Le forum comique c'est ici ou pas ? Faudrait savoir... Ah on peut dire quelques blagues donc ... merci pour la permission.

---------- Nouveau message ajouté à 19h20 ---------- Le message précédent a été envoyé à 19h17 ----------




IVANOE a dit:


> Je vais dire un truc pas sympa pour la préfecture de l'Allier qui doit en avoir marre de cette image, mais y'a une logique dans son parcours : il a commencé sa carrière politique en étant candidat pour des élections à... Vichy.
> 
> enfin c'est pas pire que ce journaleux d'Inter qui a un jour dit les "vichystes" au lieu de "vichyssois" pour désigner les habitants de cette ville.



Mais  non      les habitants de Vichy tous le monde sait qu'on les appellent des "pastilles".


----------



## LeConcombreMaske (12 Mai 2011)

magicmimi a dit:


> Le forum comique c'est ici ou pas ? Faudrait savoir... Ah on peut dire quelques blagues donc ... merci pour la permission.



:sleep: :sleep: :sleep:


----------



## magicmimi (12 Mai 2011)

LeConcombreMaske a dit:


> :sleep: :sleep: :sleep:



Faut te coucher plutôt ou changer ta literie... si si   
Concombre masqué ? Marrant ton pseudo , c'est un nom de spectacle ? Nan parce que tu sais je suis aussi dans le spectacle 'le grand guignol " te diront certaine mauvaises langues (pauvres femmes) lol  Je connaissais la "courgette farcie"...  ;-) En tout cas bravo voilà un pseudo qui sort de l'ordinaire.

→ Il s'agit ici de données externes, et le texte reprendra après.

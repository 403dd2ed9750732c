-- ===== src/Platform/Control/Backups.antt =====
-- The endpoints of backups (backend/app/api/v1/endpoints/database_backups.py).
use eminidatabase.Base.{ℕ, Bool, true, false, not, none, some, List, ◌==◌, ◌&&◌}
use eminidatabase.Base.Table.{Table, lookup, add, rows}
use eminidatabase.Base.Action.{◌>>=◌, ◌>>◌, pure, raise_if, found, reads, writes}
use eminidatabase.Base.{suc}
use eminidatabase.Platform.Jobs.{JobType}
use eminidatabase.Platform.Placement.{DatabaseStatus, BackupPolicy}
use eminidatabase.Platform.Rbac.{database_backups_manage, database_observe}
use eminidatabase.Platform.Control.{
  Control, Tx, not_found, conflict, Backup, BackupType, BackupStatus, StorageKey, AuditAction,
  set_database, add_database, drawn, enqueue_job, transaction, record_audit, get_database_or_404,
}
use eminidatabase.Platform.Control.Orchestrator.{is_running, limits_of}
use eminidatabase.Platform.Control.BackupJobs.{is_complete}
use eminidatabase.Platform.Control.Databases.{
  Caller, restore_key, guarded_database, authorize_active, require_new_name, new_row,
}

abbrev pub add_backup : Backup → Control → Control
add_backup b s = record s { backups = add s.next_id b s.backups; next_id = suc s.next_id }

-- `backup_storage_key`
abbrev pub backup_storage_key : (database_id backup_id : ℕ) → StorageKey
backup_storage_key database_id backup_id = StorageKey.backups database_id backup_id

abbrev pub new_backup : (database_id backup_id : ℕ) → BackupType → (now : ℕ) → Backup
new_backup database_id backup_id type_name now = record {
  database_id = database_id;
  type_name = type_name;
  status = BackupStatus.pending;
  storage_key = backup_storage_key database_id backup_id;
  size_bytes = none;
  created_at = now;
  started_at = none;
  completed_at = none;
  verified_at = none;
}

unfoldable pub create_backup : Caller → (database_id now : ℕ) → Tx ℕ
create_backup c database_id now = transaction (do
  authorize_active c database_backups_manage
  database ← get_database_or_404 c.project_id database_id
  raise_if (not (is_running database.status)) conflict
  backup_id ← drawn
  writes (add_backup (new_backup database_id backup_id BackupType.manual now))
  enqueue_job JobType.backup_database
      (record {
        subject = backup_id;
        object = none;
        organization_id = some c.organization_id;
        resource_id = some backup_id;
      })
      none now
  record_audit AuditAction.backup_requested (some backup_id) (some c.organization_id) c.user_id
  pure backup_id)

abbrev pub is_purged : BackupStatus → Bool
is_purged BackupStatus.purged = true
is_purged _ = false

-- The order of the answer, by the time of creation, is left out.
unfoldable pub list_backups : Caller → (database_id : ℕ) → Tx (Table Backup)
list_backups c database_id = do
  guarded_database c database_observe database_id
  reads (λ s. rows (λ b. b.database_id == database_id && not (is_purged b.status)) s.backups)

-- The backup, if it is one of the database's.
abbrev pub backup_of : (database_id backup_id : ℕ) → Tx Backup
backup_of database_id backup_id = do
  backup ← found not_found (← reads (λ s. lookup backup_id s.backups))
  raise_if (not (backup.database_id == database_id)) not_found
  pure backup

unfoldable pub get_backup : Caller → (database_id backup_id : ℕ) → Tx Backup
get_backup c database_id backup_id = do
  guarded_database c database_observe database_id
  backup_of database_id backup_id

unfoldable pub restore_backup :
    Caller → (database_id backup_id name : ℕ) (suffix : List ℕ) (now : ℕ) → Tx ℕ
restore_backup c database_id backup_id name suffix now = transaction (do
  authorize_active c database_backups_manage
  source ← get_database_or_404 c.project_id database_id
  backup ← backup_of database_id backup_id
  raise_if (not (is_complete backup.status)) conflict
  require_new_name c.project_id name
  target_id ← drawn
  writes (
      add_database (
        new_row c.project_id source.region_id name suffix source.isolation_level
          DatabaseStatus.restoring (limits_of source)))
  enqueue_job JobType.restore_database
      (record {
        subject = target_id;
        object = some backup_id;
        organization_id = some c.organization_id;
        resource_id = some target_id;
      })
      (some (restore_key target_id)) now
  record_audit AuditAction.backup_restore_requested (some target_id) (some c.organization_id)
      c.user_id
  pure target_id)

-- A database without a policy has one that is not enabled, with the defaults.
unfoldable pub get_backup_policy : Caller → (database_id : ℕ) → Tx BackupPolicy
get_backup_policy c database_id = do
  database ← guarded_database c database_observe database_id
  pure (elim database.backup_policy [
    | none ↦ record { enabled = false; frequency_hours = 24; retention_days = 7 }
    | some policy ↦ policy
  ])

unfoldable pub set_backup_policy : Caller → (database_id : ℕ) → BackupPolicy → Tx (Unit {0})
set_backup_policy c database_id policy = transaction (do
  authorize_active c database_backups_manage
  database ← get_database_or_404 c.project_id database_id
  writes (set_database database_id (λ d. record d { backup_policy = some policy }))
  record_audit AuditAction.backup_policy_updated (some database_id) (some c.organization_id)
      c.user_id)
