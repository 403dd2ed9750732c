-- ===== src/Platform/Control/MigrationRequest.antt =====
-- The administrator's endpoint that migrates a database
-- (backend/app/api/v1/endpoints/database_admin.py).
use eminidatabase.Base.{ℕ, not, none, some, ◌==◌}
use eminidatabase.Base.Table.{lookup}
use eminidatabase.Base.Action.{◌>>=◌, ◌>>◌, raise_if, found, reads, writes}
use eminidatabase.Platform.Jobs.{JobType}
use eminidatabase.Platform.Placement.{
  Database, DatabaseStatus, is_eligible_for_placement, fits_on_node,
}
use eminidatabase.Platform.Control.{
  Tx, not_found, conflict, AuditAction, set_status, enqueue_job, transaction, record_audit,
  get_database,
}
use eminidatabase.Platform.Control.Agent.{get_primary_node}
use eminidatabase.Platform.Control.Orchestrator.{is_running, limits_of}

-- Whether the database can go to the node.
abbrev pub check_target : Database → (target_node_id now : ℕ) → Tx (Unit {0})
check_target database target_node_id now = do
  target ← found not_found (← reads (λ s. lookup target_node_id s.fleet.nodes))
  raise_if (not (is_eligible_for_placement now target)) conflict
  raise_if (not (target.region_id == database.region_id)) conflict
  current ← get_primary_node database.cluster_id
  raise_if (current.0 == target_node_id) conflict
  fits ← reads (λ s. fits_on_node s.fleet target_node_id target (limits_of database) none)
  raise_if (not fits) conflict

abbrev pub check_migration : Database → (target_node_id now : ℕ) → Tx (Unit {0})
check_migration database target_node_id now = do
  raise_if (not (is_running database.status)) conflict
  check_target database target_node_id now

abbrev pub request_migration : (admin_id database_id target_node_id now : ℕ) → Tx (Unit {0})
request_migration admin_id database_id target_node_id now = do
  enqueue_job JobType.migrate_database
      (record {
        subject = database_id;
        object = some target_node_id;
        organization_id = none;
        resource_id = some database_id;
      })
      none now
  record_audit AuditAction.database_migration_requested (some database_id) none admin_id

-- A platform administrator's request; the caller has been checked.
unfoldable pub migrate_database : (admin_id database_id target_node_id now : ℕ) → Tx (Unit {0})
migrate_database admin_id database_id target_node_id now = transaction (do
  database ← get_database not_found database_id
  check_migration database target_node_id now
  writes (set_status database_id DatabaseStatus.migrating)
  request_migration admin_id database_id target_node_id now)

C'est qui sur l'avatar ?


----------



## Dos Jones (12 Mai 2011)

magicmimi a dit:


> Faut te coucher *plutôt* ou changer ta literie... si si
> Concombre masqué ? Marrant ton pseudo , c'est un nom de spectacle ? Nan parce que tu sais je suis aussi dans le spectacle 'le grand guignol " te diront certaine mauvaises langues (pauvres femmes) lol  Je connaissais la "courgette farcie"...  ;-) En tout cas bravo voilà un pseudo qui sort de l'ordinaire. C'est qui sur l'avatar ?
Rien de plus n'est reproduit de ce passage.